- Active: December 13, 1861 – March 13, 1865
- Country: United States
- Allegiance: Union
- Branch: Artillery
- Engagements: Battle of Shiloh Siege of Corinth Battle of Perryville Battle of Stones River Tullahoma Campaign Battle of Chickamauga Siege of Chattanooga

= 8th Independent Battery Indiana Light Artillery =

8th Indiana Battery Light Artillery was an artillery battery that served in the Union Army during the American Civil War.

==Service==
The battery was organized at Indianapolis, Indiana and mustered in for a three-year enlistment on December 13, 1861.
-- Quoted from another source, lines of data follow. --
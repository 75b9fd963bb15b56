-- ===== src/Virtq/Chain.antt =====
-- src/virtio/virtq.c: `virtq_put_desc_chain` and `virtq_get_desc_chain`.
use qnx_virtio.Common.{
  ℕ, zero, suc, ◌+◌, ◌%◌, Bool, true, false, Option, none, some, List, [], ◌∷◌, Errno, eok, einval,
  enoent, enomem, is_ok, if◌then◌else◌, ◌==◌, u16, set, get_or, length, bit_and, bit_or,
}
use qnx_virtio.Spinlock.{Spinlock}
use qnx_virtio.Virtq.{Virtq, Desc, UsedElem, f_next, zero_desc}

abbrev pub entry : List Desc → ℕ → Desc
entry table i = get_or table i zero_desc

-- `desc[i].next = j; desc[i].flags |= VIRTQ_DESC_F_NEXT`
unfoldable pub link : List Desc → (i j : ℕ) → List Desc
link table i j =
    set table i (record (entry table i) { next = j; flags = bit_or (entry table i).flags f_next })

-- The loop over `idx[0 .. count)`, and the write behind it that ends the chain.
unfoldable pub link_chain : List Desc → ℕ → List ℕ → List Desc
unfolding link
link_chain table i [] = set table i (record (entry table i) { next = 0 })
link_chain table i (j ∷ js) = link_chain (link table i j) j js

-- The loop of `virtq_get_desc_chain` from descriptor `i` on, with `room` entries of `idx` left: what
-- it writes to `idx`, and whether it stopped at the end of the chain. The counter is a `uint16_t`,
-- so this is the loop for a `*count` of at most 65535.
unfoldable pub walk : List Desc → (room i : ℕ) → List ℕ × Bool
walk table zero i = ([], false)
walk table (suc room) i =
    let rest = walk table room (entry table i).next in
    if bit_and (entry table i).flags f_next == 0 then (i ∷ [], true) else (i ∷ rest.0, rest.1)

-- What `virtq_get_desc_chain` returns: its code, what it writes to `*count` and to `idx`.
abbrev pub Chain : Type 0
Chain = Errno × Option ℕ × List ℕ

abbrev pub zero_elem : UsedElem
zero_elem = record { id = 0; len = 0 }

module _ (s : Spinlock) where
  open s use {Lock, spin_lock, spin_unlock}

  abbrev unlock : Virtq Lock → Virtq Lock
  unlock vq = record vq { lock = (spin_unlock vq.lock).1 }

  -- The entry for the chain's head in the available ring.
  pub publish : Virtq Lock → (head : ℕ) → Virtq Lock
  publish vq head = record vq {
    avail = record (vq.avail) {
      ring = set vq.avail.ring (vq.avail.idx % vq.place.num) head;
      idx = u16 (vq.avail.idx + 1);
    };
  }

  -- The array `idx` is `i ∷ is`: with a `count` of 0 the source would read `idx[-1]`.
  unfoldable pub put_desc_chain : Virtq Lock → (i : ℕ) → (is : List ℕ) → Errno × Virtq Lock
  unfolding link_chain publish
  put_desc_chain vq i is =
      let linked = record vq { desc = link_chain vq.desc i is } in
      let (rc, l) = spin_lock vq.lock in
      let locked = record linked { lock = l } in
      if is_ok rc then ((spin_unlock l).0, unlock (publish locked i)) else (rc, locked)

  -- With the lock held: the next entry of the used ring that was not seen yet.
  get_locked : Virtq Lock → (count : ℕ) → Chain × Virtq Lock
  unfolding walk
  get_locked vq count =
      if vq.used.idx == vq.last_seen_used
      then ((enoent, none, []), vq)
      else (let head = u16 (get_or vq.used.ring (vq.last_seen_used % vq.place.num) zero_elem).id in
          let (indices, ended) = walk vq.desc count head in
          if ended
          then (
            (eok, some (length indices), indices),
            record vq { last_seen_used = u16 (vq.last_seen_used + 1) },
          )
          else ((enomem, none, indices), vq))

  -- `count` is what `*count` holds before the call.
  unfoldable pub get_chain : Virtq Lock → (count : ℕ) → Chain × Virtq Lock
  unfolding get_locked
  get_chain vq count =
      let (rc, l) = spin_lock vq.lock in
      let locked = record vq { lock = l } in
      if is_ok rc
      then (let (chain, vq') = get_locked locked count in (chain, unlock vq'))
      else ((rc, none, []), locked)

  -- An absent `count` is a null pointer.
  unfoldable pub get_desc_chain :
      Option (Virtq Lock) → (count : Option ℕ) → (out : Bool) → Chain × Option (Virtq Lock)
  get_desc_chain none count out = ((einval, none, []), none)
  get_desc_chain (some vq) none out = ((einval, none, []), some vq)
  get_desc_chain (some vq) (some count) out =
      if out
      then (let (chain, vq') = get_chain vq count in (chain, some vq'))
      else ((einval, none, []), some vq)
The battery was attached to Artillery, 4th Division, Army of the Ohio, to March 1862. Artillery, 6th Division, Army of the Ohio, to September 1862. 15th Brigade, 6th Division, II Corps, Army of the Ohio, to November 1862. 1st Brigade, 1st Division, Left Wing, XIV Corps, Army of the Cumberland, to January 1863. Artillery, 1st Division, XXI Corps, Army of the Cumberland, to October 1863. 2nd Division, Artillery Reserve, Department of the Cumberland, to November 1863. Garrison Artillery, Chattanooga, Tennessee, to January 1865.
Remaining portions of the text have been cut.